If it is the services creator who should be responsible for the data backup, the creator need rely on operator’s infrastructure to backup his tenant’s databases. But the tenant would not like the creator to know their data logic.
The operator could not provide the full services because he doesn’t know which server is database server and how the databases are interconnected. What he could do for the others will be the full file-system backup.
From this scenario, you could see a distribution of data mode and responsibilities. The operator should provide data backup/restore capabilities for the creator. The creator should provide data import/export capabilities for the tenants. And the tenant should be responsible for his logical data.
The model of SaaS is just a demonstration from user data’s view. Somebody may think that the data backup/restore is important but would be less used for just-in-case. I have some different thinking on that:
- Data initialization. When tenants first put the application into runtime, the restore function, especially the import function, could help the tenant to retrieve data from any existing data store. This will make the runtime a real production environment.

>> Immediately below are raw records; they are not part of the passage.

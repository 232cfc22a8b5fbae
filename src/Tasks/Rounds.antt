-- ===== src/Tasks/Rounds.antt =====
-- A round of `sweep_task` of Tasks/tasks.c with the queue, the delay and the servo that it uses.
use sentinel_rtos.Base.{ℕ, ◌≡◌, refl, ◌∙◌, true, some, List, arith}
use sentinel_rtos.Kernel.State.{Kernel}
use sentinel_rtos.Kernel.Run.{done, yielded, bind}
use sentinel_rtos.Queue.Fifo.{push}
use sentinel_rtos.Queue.Polled.{Holds}
use sentinel_rtos.Queue.Sent.{send_polled}
use sentinel_rtos.Drivers.Servo.{Pwm, servo_set_angle}
use sentinel_rtos.Tasks.{Sweep, sweep_next, sweep_period_ms, sweep_round}
use sentinel_rtos.Tasks.Course.{Active, sleeping, delays, sleeping-Holds}

-- The message stands in the queue in state `j`, in which the run then sleeps.
pub record Enqueued (k : Kernel) (q c : ℕ) (xs : List ℕ) (s : Sweep) (p : Pwm) : Type 0 where
  pub sent : Kernel
  pub stops :
      sweep_round q s p k
      ≡ yielded (sleeping sent c sweep_period_ms) (done (sweep_next s, servo_set_angle s.angle p))
  pub holds : Holds sent q (push (k.queues q).capacity xs s.angle)

pub enqueues :
    (k : Kernel) (q c : ℕ) (xs : List ℕ) (s : Sweep) (p : Pwm)
    → Active c k
    → Holds k q xs
    → Enqueued k q c xs s p
unfolding sweep_round bind
enqueues k q c xs s p runs h =
    let poll = send_polled k q s.angle xs h in
    let still : Active c poll.after = record {
      live = poll.touched.same_running ∙ runs.live;
      current = poll.touched.same_current ∙ runs.current;
    } in
    record {
      sent = poll.after;
      stops = rw (poll.returns, delays poll.after c sweep_period_ms still (omega arith)) refl;
      holds = poll.holds;
    }

-- A round of the sweep in the running task `c`, on its queue with `xs` in it and nobody else there, never waits for a slot: it stops
-- only at its delay, with the angle behind the messages of the queue, of which the oldest is gone if the queue was
-- full; and when the task runs again the round ends with the servo at the angle and the next step of the sweep.
pub sweep_round-enqueues :
    (k : Kernel) (q c : ℕ) (xs : List ℕ) (s : Sweep) (p : Pwm)
    → k.kernel_running ≡ true
    → k.current_tcb ≡ some c
    → Holds k q xs
    → (k' : Kernel) × (sweep_round q s p k
        ≡ yielded k' (done (sweep_next s, servo_set_angle s.angle p)))
      × Holds k' q (push (k.queues q).capacity xs s.angle)
sweep_round-enqueues k q c xs s p live cur h =
    let round = enqueues k q c xs s p (record { live = live; current = cur }) h in
    (
      sleeping round.sent c sweep_period_ms,
      round.stops,
      sleeping-Holds round.sent c sweep_period_ms q _ round.holds,
    )
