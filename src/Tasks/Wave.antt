-- ===== src/Tasks/Wave.antt =====
-- The angles of the sweep of Tasks/tasks.c.
use sentinel_rtos.Base.{
  ℕ, zero, suc, ◌+◌, ◌-◌, ◌*◌, ◌%◌, ◌<◌, ◌≡◌, refl, ◌∙◌, ap, leb, ltb, if◌then◌else◌, arith,
}
use sentinel_rtos.Tasks.{Sweep, sweep_start, sweep_next, negate}

-- The variables after `n` rounds.
unfoldable pub swept : ℕ → Sweep
swept zero = sweep_start
swept (suc n) = sweep_next (swept n)

-- The place in a period of 72 rounds.
unfoldable pub wave : ℕ → Sweep
wave r = record {
  angle = if leb r 36 then 5 * r else 5 * (72 - r);
  step = if ltb r 36 then 5 else negate 5;
}

sweep_next-wave : (r : ℕ) → r < 72 → sweep_next (wave r) ≡ wave ((r + 1) % 72)
unfolding sweep_next wave
sweep_next-wave r h = ground arith

-- The sweep is a triangle wave of 72 rounds: after `n` of them the angle is 5 degrees for each round
-- since the lower end on the way up, and as many less than 360 on the way down.
pub swept-wave : (n : ℕ) → swept n ≡ wave (n % 72)
unfolding swept wave
swept-wave zero = refl
swept-wave (suc n) =
    ap sweep_next (swept-wave n) ∙ sweep_next-wave (n % 72) (omega arith) ∙ ap wave (omega arith)
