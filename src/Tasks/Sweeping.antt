-- ===== src/Tasks/Sweeping.antt =====
-- `sweep_task` of Tasks/tasks.c from its start to any round of its loop.
use sentinel_rtos.Base.{ℕ, zero, suc, ◌+◌, ◌%◌, ◌≤◌, ◌≡◌, refl, ap, subst, ◌∙◌, List, arith}
use sentinel_rtos.Kernel.State.{Kernel}
use sentinel_rtos.Kernel.Run.{Run, M, done, bind, bind_assoc, ◌>>◌, ◌>>=◌, pure}
use sentinel_rtos.Kernel.Tick.{os_delay}
use sentinel_rtos.Queue.Polled.{Holds}
use sentinel_rtos.Drivers.Servo.{Pwm, servo_set_angle, pwm_set_pulse_us}
use sentinel_rtos.Tasks.{
  Sweep, sweep_start, sweep_next, sweep_period_ms, sweep_rounds, sweep_task, home,
}
use sentinel_rtos.Tasks.Course.{
  Course, naps, ends, course, nap_times, Active, course-sleeping, course-os_delay,
}
use sentinel_rtos.Tasks.Printing.{printed, printed-Active, prints_first}
use sentinel_rtos.Tasks.Rounds.{enqueues}
use sentinel_rtos.Tasks.Wave.{swept, wave, swept-wave}
use sentinel_rtos.Tasks.Homing.{with_left, turns, home-ends}

-- Task `c` runs, and nobody is in queue `q`.
pub record IsAlone (c q : ℕ) (k : Kernel) : Type 0 where
  pub runs : Active c k
  pub messages : List ℕ
  pub holds : Holds k q messages

-- Two timers that only the compare value tells apart.
abbrev SameServo : Pwm → Pwm → Type 0
SameServo p p' = (a : ℕ) → servo_set_angle a p' ≡ servo_set_angle a p

servo_moved : (p : Pwm) (b : ℕ) → SameServo p (servo_set_angle b p)
unfolding servo_set_angle pwm_set_pulse_us
servo_moved p b a = ground arith

module _ (c q : ℕ) {A : Type 0} where
  sweeps_once :
      (n : ℕ) (s : Sweep) (p : Pwm) (k : Kernel) (back : ℕ → Kernel) (f : Sweep × Pwm → M A)
      → IsAlone c q k
      → course c back (bind (sweep_rounds q (suc n) s p k) f)
        ≡ naps sweep_period_ms (
            course c
              (λ i. back (suc i))
              (bind (sweep_rounds q n (sweep_next s) (servo_set_angle s.angle p) (back 0)) f))
  unfolding sweep_rounds bind
  sweeps_once n s p k back f alone =
      let round = enqueues k q c alone.messages s p alone.runs alone.holds in
      rw round.stops (course-sleeping round.sent c sweep_period_ms back _)

  sweeps :
      (n m last : ℕ) (p : Pwm) (k : Kernel) (back : ℕ → Kernel) (f : Sweep × Pwm → M A) (result : A)
      → m + n ≡ last
      → IsAlone c q k
      → ((i : ℕ) → IsAlone c q (back i))
      → ((k' : Kernel)
          → f (swept (suc last), servo_set_angle (swept last).angle p) k' ≡ done result k')
      → course c back (bind (sweep_rounds q (suc n) (swept m) p k) f)
        ≡ nap_times (suc n) sweep_period_ms (ends result)
  unfolding sweep_rounds bind swept course
  sweeps zero m last p k back f result at alone backs finish =
      let here : last ≡ m = omega arith in
      sweeps_once 0 (swept m) p k back f alone
      ∙ ap (λ r. naps sweep_period_ms (course c (λ i. back (suc i)) r))
          (subst
            (λ l.
              f (swept (suc l), servo_set_angle (swept l).angle p) (back 0) ≡ done result (back 0))
            here (finish (back 0)))
  sweeps (suc n) m last p k back f result at alone backs finish =
      let moved = servo_set_angle (swept m).angle p in
      sweeps_once (suc n) (swept m) p k back f alone
      ∙ ap (naps sweep_period_ms) (
          sweeps n (suc m) last moved (back 0) (λ i. back (suc i)) f result (omega arith) (backs 0)
            (λ i. backs (suc i))
            (λ k'.
              ap (λ p'. f (swept (suc last), p') k')
                (servo_moved p (swept m).angle (swept last).angle)
              ∙ finish k'))

  homes :
      (j : ℕ) (p : Pwm) (k : Kernel) (back : ℕ → Kernel) (f : Pwm → M A) (rest : Course A)
      → j ≤ 100
      → Active c k
      → ((i : ℕ) → IsAlone c q (back i))
      → ((p' : Pwm) (k' : Kernel) (back' : ℕ → Kernel)
          → SameServo p p'
          → Active c k'
          → ((i : ℕ) → IsAlone c q (back' i))
          → course c back' (f p' k') ≡ rest)
      → course c back (bind (home j (with_left j) p k) f) ≡ nap_times j 50 rest
  unfolding home bind
  homes zero p k back f rest small runs backs then_rest = then_rest p k back (λ a. refl) runs backs
  homes (suc j) p k back f rest small runs backs then_rest =
      let moved = servo_set_angle (with_left (suc j)) p in
      let onward = bind_assoc (os_delay 50 k) (λ _. home j (with_left j) moved) f in
      ap (λ m. course c back (bind (m k) f)) (turns j j p (omega arith))
      ∙ ap (course c back) onward
      ∙ course-os_delay k c 50 back (home j (with_left j) moved >>= f) runs (omega arith)
      ∙ ap (naps 50) (
          homes j moved (back 0) (λ i. back (suc i)) f rest (omega arith) (backs 0).runs
            (λ i. backs (suc i))
            (λ p' k' back' same.
              then_rest p' k' back' (λ a. same a ∙ servo_moved p (with_left (suc j)) a)))

-- Where the lock of the serial port is free when the running task `c` starts `sweep_task`, and where `c`
-- always finds nobody in its queue when it is back from a stop, whatever messages are there: it never waits for
-- another task. It naps 19 times for 50 ms, once for 500 ms, and then for 20 ms in each of the first n + 1 rounds;
-- it has printed its text, the servo is at the angle of round n of the triangle wave, and its variables are those
-- of the next round.
pub sweep_task-paces :
    (c q uart_lock fuel n : ℕ) (text : List ℕ) (p : Pwm) (k : Kernel) (back : ℕ → Kernel)
    → 19 ≤ fuel
    → Active c k
    → (k.mutexes uart_lock).lock ≡ 0
    → (k.mutexes uart_lock).waiters.wait_count ≡ 0
    → ((i : ℕ) → IsAlone c q (back i))
    → course c back (sweep_task uart_lock q text fuel (suc n) p k)
      ≡ nap_times 19 50 (
          naps 500 (
            nap_times
              (suc n)
              20
              (ends (text, wave (suc n % 72), servo_set_angle (wave (n % 72)).angle p))))
unfolding sweep_task swept
sweep_task-paces c q uart_lock fuel n text p k back enough runs free none_waits backs =
    let result : List ℕ × Sweep × Pwm =
      (text, wave (suc n % 72), servo_set_angle (wave (n % 72)).angle p) in
    let rest = naps 500 (nap_times (suc n) 20 (ends result)) in
    let last : Sweep × Pwm → M (List ℕ × Sweep × Pwm) = λ r. pure (text, r.0, r.1) in
    let sweeping = λ (p1 : Pwm). sweep_rounds q (suc n) sweep_start p1 >>= last in
    ap (course c back) (
      prints_first k uart_lock (home fuel 90 p >>= λ p1. os_delay 500 >> sweeping p1) free
        none_waits)
    ∙ ap (λ m. course c back (bind (m (printed k uart_lock)) (λ p1. os_delay 500 >> sweeping p1)))
        (home-ends fuel p enough)
    ∙ homes c q 19 p (printed k uart_lock) back (λ p1. os_delay 500 >> sweeping p1) rest
        (omega arith) (printed-Active k c uart_lock runs) backs
        (λ p' k' back' same runs' backs'.
          course-os_delay k' c 500 back' (sweeping p') runs' (omega arith)
          ∙ ap (naps 500) (
              sweeps c q n 0 n p' (back' 0) (λ i. back' (suc i)) last result (omega arith)
                (backs' 0) (λ i. backs' (suc i))
                (λ k1.
                  let told : Sweep → Pwm → Run (List ℕ × Sweep × Pwm) =
                    λ w p2. done (text, w, p2) k1 in
                  ap (λ w. told w (servo_set_angle (swept n).angle p')) (swept-wave (suc n))
                  ∙ ap (λ (w : Sweep). told (wave (suc n % 72)) (servo_set_angle w.angle p'))
                      (swept-wave n)
                  ∙ ap (told (wave (suc n % 72))) (same (wave (n % 72)).angle))))
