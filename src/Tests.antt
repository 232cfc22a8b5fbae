-- ===== src/Tests.antt =====
-- A small system for the tests: three tasks, two of them of the same priority, a mutex and a
-- semaphore, from reset on.
pub mod Switching
pub mod Waiting
pub mod Messages
pub mod Rounds
pub mod Devices
pub mod Application
pub mod Ownership
pub mod Board
pub mod Contexts
pub mod Bouncing
pub mod Echoing
pub mod Passing
pub mod BenchBuild
pub mod Elapsing
use sentinel_rtos.Base.{
  ℕ, ◌≡◌, refl, ◌≤◌, arith, true, false, Option, none, some, inl, inr, ◌==◌, if◌then◌else◌, update,
  Bool-cases,
}
use sentinel_rtos.Base.Occurs.{occurs}
use sentinel_rtos.Kernel.State.{
  Kernel, Tcb, WaitQueue, mutex_queue, semaphore_queue, running, blocked, stack_canary,
}
use sentinel_rtos.Kernel.WaitQueue.{waiting}
use sentinel_rtos.Kernel.Run.{Run, done, yielded, fault, halted, bind}
use sentinel_rtos.Kernel.Boot.{os_kernel_init, os_kernel_launch, start_first_task, entered}
use sentinel_rtos.Kernel.TaskTable.{os_task_create, os_task_init_stack}
use sentinel_rtos.Kernel.Scheduler.{
  os_scheduler, canary_intact, switch, choose, scan, consider, scan_start, dispatch, preempt,
}
use sentinel_rtos.Kernel.Mutex.{os_mutex_init}
use sentinel_rtos.Kernel.Semaphore.{os_semaphore_init}
use sentinel_rtos.Kernel.Invariant.{
  QueuesAgree, places, TcbIsValid, MutexIsValid, SemaphoreIsValid, IsValid,
}
use sentinel_rtos.Kernel.System.{
  reset_state, Boots, init, create, new_mutex, new_semaphore, Reach, launched,
}

-- The state at which a call stops.
abbrev pub stop {ℓ} : {A : Type ℓ} → Run A → Kernel
stop (done a k) = k
stop (yielded k g) = k
stop fault = reset_state
stop (halted k) = k

abbrev pub with_a : Kernel
with_a = (os_task_create 0x0800_0001 0x2000_0000 256 2 (os_kernel_init reset_state)).1

abbrev pub with_b : Kernel
with_b = (os_task_create 0x0800_0101 0x2000_0400 256 2 with_a).1

abbrev pub with_idle : Kernel
with_idle = (os_task_create 0x0800_0201 0x2000_0800 256 0 with_b).1

abbrev pub booted : Kernel
booted = os_semaphore_init 0 0 1 (os_mutex_init 0 with_idle)

pub booted-Boots : Boots booted
booted-Boots = new_semaphore 0 0 1 (omega arith) (
    new_mutex 0 (
      create 0x0800_0201 0x2000_0800 256 0
        (create 0x0800_0101 0x2000_0400 256 2 (create 0x0800_0001 0x2000_0000 256 2 init))))

abbrev pub started : Kernel
started = stop (os_kernel_launch booted)

launch_returns : os_kernel_launch booted ≡ done (entered started 1) started
unfolding os_kernel_launch bind os_scheduler os_semaphore_init os_mutex_init os_task_create
    os_kernel_init canary_intact os_task_init_stack start_first_task switch choose scan consider
    scan_start dispatch entered
launch_returns = refl

pub started-Reach : Reach started
started-Reach = launched booted-Boots launch_returns

-- A table of four: task 0 runs and holds mutex 0, task 1 waits for it, task 2 waits for semaphore 0
-- with 5 ms left, and task 3 is ready.
abbrev tcb_of : ℕ → Tcb
tcb_of t =
    let fresh = reset_state.os_tasks t in
    if t == 0
    then record fresh {
      state = running;
      base_priority = 1;
      current_priority = 2;
      stack_base = 0x2000_0000;
      stack_size = 256;
    }
    else if t == 1
    then record fresh {
      state = blocked;
      base_priority = 2;
      current_priority = 2;
      wait_queue = some (mutex_queue 0);
    }
    else if t == 2
    then record fresh { state = blocked; wait_queue = some (semaphore_queue 0); sleep_time = 5 }
    else if t == 3
    then record fresh { base_priority = 2; current_priority = 2 }
    else fresh

abbrev just : ℕ → WaitQueue
just t = record { slots = λ i. t; wait_count = 1 }

abbrev pub four : Kernel
four = record reset_state {
  os_tasks = tcb_of;
  task_count = 4;
  current_tcb = some 0;
  kernel_running = true;
  mutexes = update reset_state.mutexes 0 (record { lock = 1; owner = some 0; waiters = just 1 });
  semaphores =
      update reset_state.semaphores 0 (record { count = 0; max_count = 1; waiters = just 2 });
  memory = λ a. stack_canary;
}

four-agree : QueuesAgree four
unfolding waiting occurs places
four-agree (mutex_queue m) t = ground arith
four-agree (semaphore_queue s) t = ground arith

four_tcbs : (t : ℕ) → TcbIsValid 4 (some 0) t (tcb_of t)
four_tcbs t = record {
  waiter = ground arith;
  sleeper = ground arith;
  wakeable = ground arith;
  on_cpu = ground arith;
  at_least_base = ground arith;
}

four_mutexes : (m : ℕ) → MutexIsValid 4 (four.mutexes m)
four_mutexes m = elim (Bool-cases (m == 0)) [
  | inl e ↦ rw e (record {
    binary = omega arith;
    free = λ h. absurd (omega arith);
    held = λ h. (0, refl);
    owner_in = omega arith;
    room = omega arith;
  })
  | inr e ↦ rw e (record {
    binary = omega arith;
    free = λ h. (refl, refl);
    held = λ h. absurd (omega arith);
    owner_in = tt;
    room = omega arith;
  })
]

four_semaphores : (s : ℕ) → SemaphoreIsValid (four.semaphores s)
four_semaphores s = record {
  bounded = ground arith;
  no_idle_token = ground arith;
  room = ground arith;
}

pub four-IsValid : IsValid four
four-IsValid = record {
  few = omega arith;
  current_in = omega arith;
  agree = four-agree;
  tcbs = four_tcbs;
  mutexes = four_mutexes;
  semaphores = four_semaphores;
}
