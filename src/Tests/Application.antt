-- ===== src/Tests/Application.antt =====
-- The theorems on the sweep and on the I2C transfers, on concrete runs.
use sentinel_rtos.Base.{suc, ℕ, ◌+◌, ◌*◌, ◌≤◌, ◌≡◌, refl, true, false, none, some, [], ◌∷◌, length}
use sentinel_rtos.Drivers.I2c.{
  busy, start, stop, ack, nack, data_byte, Wire, i2c_read, I2c, i2c_timeout, address_byte,
  i2c_write, i2c_read_reg,
}
use sentinel_rtos.Drivers.I2c.Outcome.{holds_bus, sent, ShowsBusy, i2c_read_reg-fails}
use sentinel_rtos.Drivers.I2c.Bounds.{i2c_write-bounded}
use sentinel_rtos.Drivers.I2c.Reading.{arrived, i2c_read-receives}
use sentinel_rtos.Drivers.I2c.Prompt.{IsPrompt, i2c_write-sends}

-- A bus that is busy while it is held, and answers at once.
abbrev slave_wire : Wire
slave_wire = record {
  shows = λ f ws n. elim f [ busy ↦ holds_bus ws | _ ↦ true ];
  received = λ ws n. 0x5a;
}

slave_wire-IsPrompt : IsPrompt slave_wire
slave_wire-IsPrompt = record {
  idle = λ ws n free. free;
  sb_set = λ ws n. refl;
  addr_set = λ ws n. refl;
  txe_set = λ ws n. refl;
  btf_set = λ ws n. refl;
}

slave_wire-ShowsBusy : ShowsBusy slave_wire
slave_wire-ShowsBusy ws n held = held

abbrev fresh_bus : I2c
fresh_bus = record { reads = 0; writes = [] }

i2c_write-sends_example :
    (b1 : I2c) × (i2c_write slave_wire 0x68 (1 ∷ 2 ∷ []) fresh_bus ≡ (some tt, b1))
    × (b1.writes
        ≡ stop
          ∷ sent slave_wire
              (1 ∷ 2 ∷ [])
              (data_byte (address_byte slave_wire 0x68 false) ∷ start ∷ []))
unfolding holds_bus
i2c_write-sends_example =
    i2c_write-sends slave_wire slave_wire-IsPrompt 0x68 (1 ∷ 2 ∷ []) fresh_bus refl

-- No slave is there: every flag stays clear.
abbrev dead_wire : Wire
dead_wire = record { shows = λ f ws n. false; received = λ ws n. 0 }

i2c_write-bounded_example :
    (i2c_write dead_wire 0x68 (1 ∷ 2 ∷ []) fresh_bus).1.reads
    ≤ 0 + ((length {A = ℕ} (1 ∷ 2 ∷ []) + 4) * i2c_timeout + 2)
i2c_write-bounded_example = i2c_write-bounded dead_wire 0x68 (1 ∷ 2 ∷ []) fresh_bus

i2c_read_reg-fails_example : (i2c_read_reg slave_wire 0x68 0x75 1 fresh_bus).0 ≡ none
i2c_read_reg-fails_example =
    i2c_read_reg-fails slave_wire 0x68 0x75 0 fresh_bus slave_wire-ShowsBusy

i2c_read-receives_example :
    let ws = data_byte (address_byte slave_wire 0x68 true) ∷ start ∷ ack ∷ [] in
    i2c_read slave_wire 0x68 (suc 2) fresh_bus ≡ (
      some (arrived slave_wire ws (0 + 5) 2),
      record { reads = 0 + 5 + 2 * (2 + 1); writes = stop ∷ nack ∷ ws },
    )
unfolding holds_bus
i2c_read-receives_example =
    i2c_read-receives slave_wire slave_wire-IsPrompt (λ ws n. refl) 0x68 2 fresh_bus refl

- Application cloning. When the tenant would like to expand his concurrency threads, he could use database restore for a quick clone database setup.
- Application development and test. The creator could develop customized solution based on tenants’ requirements. In this case, he could set up a development and testing database on the cloud.
Backup in cloud is a shared responsibility. Successful protection of data may include many parties. So it is very important for adopting a safe backup in cloud before we start our works. Here I provide a sample table for the responsibilities and sample works:
Backup in cloud is much more beyond what I just discussed. For example, the creator is providing some ‘standard’ ERP services. Commonly, the tenant would use the services as part of his business processes. In many cases, he will develop a reporting system or integrate the cloud ERP into a Warehouse Management System (WMS). The integration will help the ERP system to get real time stock status and generate real time business reports.
So it may need an integration of different backup/restore strategies. The strategies may include:
- Integration of different backup tools
- Synchronization of difference backup/achieve copies
- Integrity check and restore for distributed databases
The discussion may lead to a complex architecture design. I have indicated that in another post: Architecting your solutions to cloud.